**TASK DETAILS:**
Nothing but the lines from the one containing "run_uses-AllAre (cancels reason ∷ us) none" through the last line of the data below should be returned, each copied exactly.

[Collected data]
▼

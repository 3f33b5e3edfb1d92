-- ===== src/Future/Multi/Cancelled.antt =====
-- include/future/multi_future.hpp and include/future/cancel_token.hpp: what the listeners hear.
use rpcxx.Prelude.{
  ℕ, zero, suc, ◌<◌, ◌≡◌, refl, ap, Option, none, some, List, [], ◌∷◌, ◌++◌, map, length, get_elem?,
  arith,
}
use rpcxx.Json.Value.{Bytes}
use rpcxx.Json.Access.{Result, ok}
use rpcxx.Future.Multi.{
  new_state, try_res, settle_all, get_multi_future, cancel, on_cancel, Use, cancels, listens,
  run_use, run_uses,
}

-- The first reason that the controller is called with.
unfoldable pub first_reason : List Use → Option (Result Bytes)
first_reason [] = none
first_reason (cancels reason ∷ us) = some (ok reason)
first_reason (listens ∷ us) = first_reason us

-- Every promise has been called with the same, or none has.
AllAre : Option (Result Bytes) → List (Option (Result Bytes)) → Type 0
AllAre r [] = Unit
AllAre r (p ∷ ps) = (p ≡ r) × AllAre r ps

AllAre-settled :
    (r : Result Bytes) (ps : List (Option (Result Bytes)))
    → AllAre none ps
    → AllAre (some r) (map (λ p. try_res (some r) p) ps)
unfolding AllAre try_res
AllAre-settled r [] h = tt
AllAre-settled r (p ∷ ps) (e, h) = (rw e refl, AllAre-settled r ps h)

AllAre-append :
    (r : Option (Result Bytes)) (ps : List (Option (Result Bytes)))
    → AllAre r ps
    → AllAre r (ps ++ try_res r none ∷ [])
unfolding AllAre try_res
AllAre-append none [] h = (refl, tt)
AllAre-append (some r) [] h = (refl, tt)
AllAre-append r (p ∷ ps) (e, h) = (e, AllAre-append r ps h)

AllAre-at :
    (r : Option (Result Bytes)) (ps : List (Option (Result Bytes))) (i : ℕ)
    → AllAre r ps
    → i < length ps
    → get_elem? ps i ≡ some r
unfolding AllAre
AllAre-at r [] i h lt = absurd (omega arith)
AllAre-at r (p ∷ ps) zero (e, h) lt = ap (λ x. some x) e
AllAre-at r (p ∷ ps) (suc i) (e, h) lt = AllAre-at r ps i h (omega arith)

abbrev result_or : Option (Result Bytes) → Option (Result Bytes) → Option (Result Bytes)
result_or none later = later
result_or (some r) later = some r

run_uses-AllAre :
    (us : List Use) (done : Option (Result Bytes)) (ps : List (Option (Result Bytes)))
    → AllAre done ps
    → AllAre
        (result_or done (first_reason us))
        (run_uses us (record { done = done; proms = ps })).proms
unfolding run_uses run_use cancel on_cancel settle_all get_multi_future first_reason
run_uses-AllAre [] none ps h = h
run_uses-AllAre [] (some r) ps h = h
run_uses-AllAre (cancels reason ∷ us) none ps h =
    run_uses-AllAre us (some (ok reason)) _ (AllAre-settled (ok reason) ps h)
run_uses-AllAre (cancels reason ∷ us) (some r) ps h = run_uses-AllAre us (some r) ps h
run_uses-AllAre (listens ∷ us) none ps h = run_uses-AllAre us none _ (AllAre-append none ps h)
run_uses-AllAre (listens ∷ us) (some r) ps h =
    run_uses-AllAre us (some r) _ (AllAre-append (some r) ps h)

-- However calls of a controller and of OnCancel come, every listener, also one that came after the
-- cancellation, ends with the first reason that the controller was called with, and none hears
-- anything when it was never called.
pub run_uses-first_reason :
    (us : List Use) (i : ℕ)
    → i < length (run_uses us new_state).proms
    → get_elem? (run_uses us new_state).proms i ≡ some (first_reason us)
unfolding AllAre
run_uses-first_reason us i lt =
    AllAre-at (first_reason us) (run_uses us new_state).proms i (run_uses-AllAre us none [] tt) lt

▲

**YOUR RESPONSE:**
run_uses-AllAre (cancels reason ∷ us) none ps h =
    run_uses-AllAre us (some (ok reason)) _ (AllAre-settled (ok reason) ps h)
run_uses-AllAre (cancels reason ∷ us) (some r) ps h = run_uses-AllAre us (some r) ps h
run_uses-AllAre (listens ∷ us) none ps h = run_uses-AllAre us none _ (AllAre-append none ps h)
run_uses-AllAre (listens ∷ us) (some r) ps h =
    run_uses-AllAre us (some r) _ (AllAre-append (some r) ps h)

-- However calls of a controller and of OnCancel come, every listener, also one that came after the
-- cancellation, ends with the first reason that the controller was called with, and none hears
-- anything when it was never called.
pub run_uses-first_reason :
    (us : List Use) (i : ℕ)
    → i < length (run_uses us new_state).proms
    → get_elem? (run_uses us new_state).proms i ≡ some (first_reason us)
unfolding AllAre
run_uses-first_reason us i lt =
    AllAre-at (first_reason us) (run_uses us new_state).proms i (run_uses-AllAre us none [] tt) lt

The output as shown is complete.